Dataset entries:

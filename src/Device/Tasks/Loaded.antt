-- ===== src/Device/Tasks/Loaded.antt =====
-- The tasks after `loadTasksConfig` of CTaskManager, Src/Device/Component/Task/TaskManager.cpp.
use mathlib.Core.List.{append-nil, append_assoc}
use shuchuang.Shared.{
  ℕ, ◌+◌, ◌≤◌, ◌≡◌, refl, sym, ◌∙◌, Option, none, some, List, [], ◌∷◌, ◌++◌, arith, length, nat_key,
  if-rule,
}
use shuchuang.Shared.Int.{ℤ, int_key}
use shuchuang.Shared.Dict.{Dict, insert}
use shuchuang.Shared.Outcome.{Action, ok, or_throw, pure, ◌>>=◌}
use shuchuang.Shared.Outcome.Keeps.{Keeps, keeps_rules}
use shuchuang.Shared.Outcome.Gives.{Ends, Ends-bind, Ends-bind-or_throw}
use shuchuang.Shared.Poco.{Json}
use shuchuang.Common.Config.{get_array}
use shuchuang.Common.Config.Reads.{get_array-Reads}
use shuchuang.Device.TaskTable.{TaskHandler, TaskInfo, first_time}
use shuchuang.Device.World.{World, on_tasks, on_config}
use shuchuang.Device.Tasks.{
  make_handler, schedule_active, add_to_schedule_queue, struct_to_task_info, load_entry,
  load_entries, load_array, load_tasks_config, reset_tasks, stop_all_tasks,
}

-- What is loaded entry by entry, each printed and parsed again.
pub data Reparsed {O : Type 0} (reparse : O → Option O) : List O → List O → Type 0 where
  none_left : Reparsed reparse [] []
  one_more :
      {x y : O} {xs ys : List O}
      → reparse x ≡ some y
      → Reparsed reparse xs ys
      → Reparsed reparse (x ∷ xs) (y ∷ ys)

-- While the tasks are loaded, the rest of `v` stays; `config` is what was loaded, and the map and the
-- queue lag behind it by `m` and `q` tasks at least.
pub record IsLoading {O : Type 0} (v : World O) (config : List O) (m q : ℕ) (w : World O)
    : Type 0 where
  pub same_config : w.config ≡ v.config
  pub same_users : w.users ≡ v.users
  pub same_ops : w.ops ≡ v.ops
  pub loaded : w.tasks.task_config ≡ config
  pub in_map : length w.tasks.task_map + m ≤ length config
  pub in_queue : length w.tasks.queue + q ≤ length config

length-insert :
    (id : ℤ) (h : TaskHandler) (t : Dict ℤ TaskHandler) → length (insert id h t) ≤ length t + 1
unfolding insert
length-insert id h [] = omega arith
length-insert id h ((k, g) ∷ t) = ground (arith, length-insert id h t)

length-snoc {ℓ} : {A : Type ℓ} (xs : List A) (x : A) → length (xs ++ x ∷ []) ≡ length xs + 1
length-snoc [] x = omega arith
length-snoc (y ∷ xs) x = omega (arith, length-snoc xs x)

module _ {O : Type 0} (v : World O) (config : List O) where
  Keeps-make_handler :
      (m q : ℕ) (task : TaskInfo) → Keeps (IsLoading v config m q) (make_handler task)
  unfolding make_handler on_tasks ◌>>=◌
  Keeps-make_handler m q task = record {
    at = λ w h. record {
      same_config = h.same_config;
      same_users = h.same_users;
      same_ops = h.same_ops;
      loaded = h.loaded;
      in_map = h.in_map;
      in_queue = h.in_queue;
    };
  }

  -- At most one task is scheduled.
  schedule-IsLoading :
      (h : TaskHandler) (w : World O)
      → IsLoading v config 1 1 w
      → IsLoading v config 1 0 (schedule_active h w).1
  unfolding schedule_active add_to_schedule_queue on_tasks ◌>>=◌
  schedule-IsLoading h w l =
      if-rule (λ (m : Action (World O) (Unit {0})). IsLoading v config 1 0 (m w).1) h.is_active
        (λ _. scheduled (first_time w.now w.tasks.utc_offset h)) (λ _. ground arith)
    where
      scheduled :
          (o : Option ℤ)
          → IsLoading v config 1 0
              ((or_throw o >>= λ first.
                  on_tasks (λ t. record t {
                    queue = t.queue ++ record { handler = h; first = first } ∷ [];
                  }))
                w).1
      scheduled none = ground arith
      scheduled (some first) =
          ground (arith, length-snoc w.tasks.queue (record { handler = h; first = first }))

  -- One task enters the map.
  insert-IsLoading :
      (task : TaskInfo) (h : TaskHandler) (w : World O)
      → IsLoading v config 1 0 w
      → IsLoading v config 0 0
          (on_tasks (λ t. record t { task_map = insert task.id h t.task_map }) w).1
  unfolding on_tasks ◌>>=◌
  insert-IsLoading task h w l = ground (arith, length-insert task.id h w.tasks.task_map)

  append-IsLoading :
      (ds : O) (w : World O)
      → IsLoading v config 0 0 w
      → IsLoading v
          (config ++ ds ∷ [])
          1
          1
          (on_tasks (λ t. record t { task_config = t.task_config ++ ds ∷ [] }) w).1
  unfolding on_tasks ◌>>=◌
  append-IsLoading ds w l = ground (arith, length-snoc config ds)

struct_to_task_info-Keeps :
    {O : Type 0} ⦃j : Json O⦄ {P : World O → Type 0} (ds : O) → Keeps P (struct_to_task_info ds)
unfolding struct_to_task_info
struct_to_task_info-Keeps ds = search keeps_rules depth 40

module _ {O : Type 0} ⦃j : Json O⦄ (reparse : O → Option O) (v : World O) where
  abbrev LoadedOne : O → List O → World O → Type 0
  LoadedOne entry config w =
      (ds : O) × (reparse entry ≡ some ds) × IsLoading v (config ++ ds ∷ []) 0 0 w

  load_entry-IsLoading :
      (entry : O) (config : List O) (w : World O)
      → IsLoading v config 0 0 w
      → Ends tt (LoadedOne entry config) (load_entry reparse entry) w
  unfolding load_entry
  load_entry-IsLoading entry config w l =
      let q : (World O → Type 0) = LoadedOne entry config in
      Ends-bind-or_throw q _ _ w tt λ ds e. Ends-bind q _ _ w tt λ _ _.
        Ends-bind q _ _ _ tt λ task _. Ends-bind q _ _ _ tt λ h _. Ends-bind q _ _ _ tt λ _ _. λ _.
          (
            ds,
            e,
            insert-IsLoading v (config ++ ds ∷ []) task h _ (
                schedule-IsLoading v (config ++ ds ∷ []) h _ (
                  (Keeps-make_handler v (config ++ ds ∷ []) 1 1 task).at _ (
                    (struct_to_task_info-Keeps {P = IsLoading v (config ++ ds ∷ []) 1 1} ds).at _
                      (append-IsLoading v config ds w l)))),
          )

  -- What the entries have become, behind those that were there.
  abbrev pub LoadedAll : List O → List O → World O → Type 0
  LoadedAll entries config w =
      (ys : List O) × Reparsed reparse entries ys × IsLoading v (config ++ ys) 0 0 w

  pub load_entries-IsLoading :
      (entries config : List O) (w : World O)
      → IsLoading v config 0 0 w
      → Ends tt (LoadedAll entries config) (load_entries reparse entries) w
  unfolding load_entries pure
  load_entries-IsLoading [] config w l = λ e. ([], none_left, rw append-nil l)
  load_entries-IsLoading (x ∷ xs) config w l =
      Ends-bind (LoadedAll (x ∷ xs) config) _ _ w tt λ first e1. λ e2.
        let (ds, e, l1) = load_entry-IsLoading x config w l e1 in
        let (ys, r, l2) = load_entries-IsLoading xs (config ++ ds ∷ []) _ l1 e2 in
        (ds ∷ ys, one_more e r, rw append_assoc at l2)

module _ {O : Type 0} where
  -- A null pointer has no entries.
  abbrev pub entries_of : Option (List O) → List O
  entries_of none = []
  entries_of (some entries) = entries

module _ {O : Type 0} ⦃j : Json O⦄ (reparse : O → Option O) where
  load_array-IsLoading :
      (array : Option (List O)) (v w : World O)
      → IsLoading v [] 0 0 w
      → Ends tt (LoadedAll reparse v (entries_of array) []) (load_array reparse array) w
  unfolding load_array pure
  load_array-IsLoading none v w l = λ e. ([], none_left, l)
  load_array-IsLoading (some entries) v w l = load_entries-IsLoading reparse v entries [] w l

  stopped-array :
      (w : World O)
      → (on_config (get_array "Tasks") (stop_all_tasks w).1).0 ≡ (get_array "Tasks" w.config).0
  unfolding on_config stop_all_tasks on_tasks ◌>>=◌
  stopped-array w = refl

  cleared-IsLoading :
      (w : World O)
      → IsLoading w [] 0 0
          (on_tasks
            (λ t. record t { task_config = [] })
            (on_config (get_array "Tasks") (stop_all_tasks w).1).1).1
  unfolding on_config stop_all_tasks on_tasks ◌>>=◌
  cleared-IsLoading w = record {
    same_config = get_array-Reads "Tasks" w.config;
    same_users = refl;
    same_ops = refl;
    loaded = refl;
    in_map = omega arith;
    in_queue = omega arith;
  }

  -- The tasks after the reset are those of the configuration and no more.
  abbrev pub TasksReset : World O → World O → Type 0
  TasksReset w w' =
      (array : Option (List O)) × ((get_array "Tasks" w.config).0 ≡ ok array)
      × LoadedAll reparse w (entries_of array) [] w'

  pub reset_tasks-IsLoading : (w : World O) → Ends tt (TasksReset w) (reset_tasks reparse) w
  unfolding reset_tasks load_tasks_config
  reset_tasks-IsLoading w =
      let q : (World O → Type 0) = TasksReset w in
      Ends-bind q stop_all_tasks _ w tt λ _ _.
        Ends-bind q (on_config (get_array "Tasks")) _ _ tt λ array e.
          Ends-bind q (on_tasks _) _ _ tt λ _ _. λ h. (
            array,
            sym (stopped-array w) ∙ e,
            load_array-IsLoading array w _ (cleared-IsLoading w) h,
          )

EXERCISE INSTRUCTIONS:
All lines above from the line with "insert-IsLoading v (config" through the line with "-- What the", both included, are to be set down exactly, with nothing else.

RESPONSE AREA:
            insert-IsLoading v (config ++ ds ∷ []) task h _ (
                schedule-IsLoading v (config ++ ds ∷ []) h _ (
                  (Keeps-make_handler v (config ++ ds ∷ []) 1 1 task).at _ (
                    (struct_to_task_info-Keeps {P = IsLoading v (config ++ ds ∷ []) 1 1} ds).at _
                      (append-IsLoading v config ds w l)))),
          )

  -- What the entries have become, behind those that were there.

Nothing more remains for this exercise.